Monday, January 26, 2009

Spiritual Science and the Art of Healing or Medicine Grove

Spiritual Science and the Art of Healing: Rudolf Steiner's Anthroposophical Medicine

Author: Victor Bott

Rudolf Steiner's anthroposophical medicine, highly regarded and widely practiced in Europe, integrates allopathic medical practices with alternative remedies, including dietary and nutritional therapies, massage, hydrotherapy, art therapy, and counseling. It recognizes that health and illness are directly related to our states of consciousness, and it views illness as an opportunity to create a new state of physical, emotional, and spiritual balance. Modern medicine tends to consider only the material aspect of human beings, an approach that fails to bring the individual to a state of complete wellness. Steiner's holistic view of humanity-beings composed of body, soul, and spirit-takes into consideration the seven-year cycles of human development, the influence of education on health, the relationship between psychological symptoms and physical conditions, the problem of cancer, the four cardinal organs, heredity, and the spiritual balance that characterizes true health.

New, revised edition of Anthroposophical Medicine.



Books about: Planning for Real Time Event Response Management or Why Global Commitment Really Matters

Medicine Grove: A Shamanic Herbal

Author: Loren Cruden

Medicine Grove is a comprehensive herbal, with listings for every common herb and many wild plants of North America. It includes descriptions of the part of the plant used, notes on preparation, lists of symptoms alleviated by the herb, and common effects. But Medicine Grove goes further, with chapters on gathering and growing wild herbs, using herbs in shamanic ceremonies or as plant allies in the wilderness, and birth, death, and dreaming herbs. Cruden combines her own first-hand experiences with a profound knowledge of indigenous traditions, enabling the reader to bring herbal lore into his or her own practice. She explains which herbs are best for seasonal ceremonies, smudging, and making offerings, and tells how to purify a sacred space. She covers topics such as vision quests, consciousness-altering, and the special connections between certain herbs and totem animals.

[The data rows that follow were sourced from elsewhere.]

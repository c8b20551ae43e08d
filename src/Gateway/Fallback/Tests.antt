-- ===== src/Gateway/Fallback/Tests.antt =====
-- The fallback chain of a request to OpenAI, over the seed catalog.
use agent_studio.Base.{◌≡◌, refl, true, false, none, [], ◌∷◌}
use agent_studio.Base.Eq.{nat_eq, list_eq, pair_eq}
use agent_studio.Base.Text.{Text, codes}
use agent_studio.Gateway.Catalog.{new_catalog, seed_specs}
use agent_studio.Gateway.Chain.{content_policy}
use agent_studio.Gateway.Router.{Deployment}
use agent_studio.Gateway.Fallback.{FallbackChain, targets}

abbrev mini : Deployment
mini = (codes "openai", codes "gpt-4o-mini")

abbrev sonnet : Deployment
sonnet = (codes "anthropic", codes "claude-3-5-sonnet")

abbrev chain : FallbackChain
chain = record {
  request = record {
    provider = codes "openai";
    model = none;
    strategy = [];
    tiered = false;
    simple_query = false;
    estimated_input_tokens = none;
    pinned_to = none;
  };
  candidates = mini ∷ sonnet ∷ mini ∷ [];
  cfg = record {
    fallback_models = codes "google: gemini-2.0-flash" ∷ [];
    cheap_model = none;
    cross_family_fallback = true;
  };
  catalog = new_catalog seed_specs;
}

refusal_targets :
    targets chain content_policy
    ≡ mini ∷ sonnet ∷ sonnet ∷ (codes "google", codes "gemini-2.0-flash") ∷ []
unfolding targets
refusal_targets = refl

abbrev too_long : Text
too_long = codes "Error: Prompt is TOO LONG, refused"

Medicine Grove brings the concept of an herbal into sacred territory, offering guidelines for incorporating herbs into one's spiritual life, based on the author's lifetime of work with Native American practices.



Table of Contents:

Acknowledgments
 
Introduction
 
Part 1: Shamanic Herbalism
 
1. Gathering and Growing Herbs 
2. Preparing Medicinal Remedies 
3. Healing with Herbs 
4. Plant Allies 
5. Offering Herbs 
6. Smudge Herbs 
7. Maintenance Herbs 
8. Ceremonial Herbs 
9. Smoking Herbs and Use of Psychotropic Plants 
10. Birth, Death, and Dreaming Herbs 
11. Trees
 
Part 2: Materia Medica
 
Appendices
 
Appendix 1: General Tips for Growing Common Garden Herbs
 
Appendix 2: Forms for Medicinal Application of Herbs
 
Appendix 3: Plant Associations Within the Web of Life
 
Appendix 4: Herb Allies for Specific Aspects of Well-being
 
Appendix 5: Herbs Used in Ceremony 

Suggested Reading

Sources of Supply

Plant Index 

General Index
 

Loren Cruden, midwife and herbal healer, lives on a mountain in Washington State in a house that she and her son built. Following spiritual studies in Europe, Asia, and Africa, her six years of work with Lewis Sawaquat, a Potawatomie pipe carrier, deepened her engagement with the spirituality that is native to the land. Respectful of the integrity of Native American ways, she draws carefully on those and other Earth-oriented traditions to create an eclectic yet authentic spiritual practice that relies on a direct experience of the interrelatedness of all life. She is the authorof  Love Is Green: An Herbal for Parents, The Living Earth Tarot Deck, The Spirit of Place, and Coyote's Council Fire.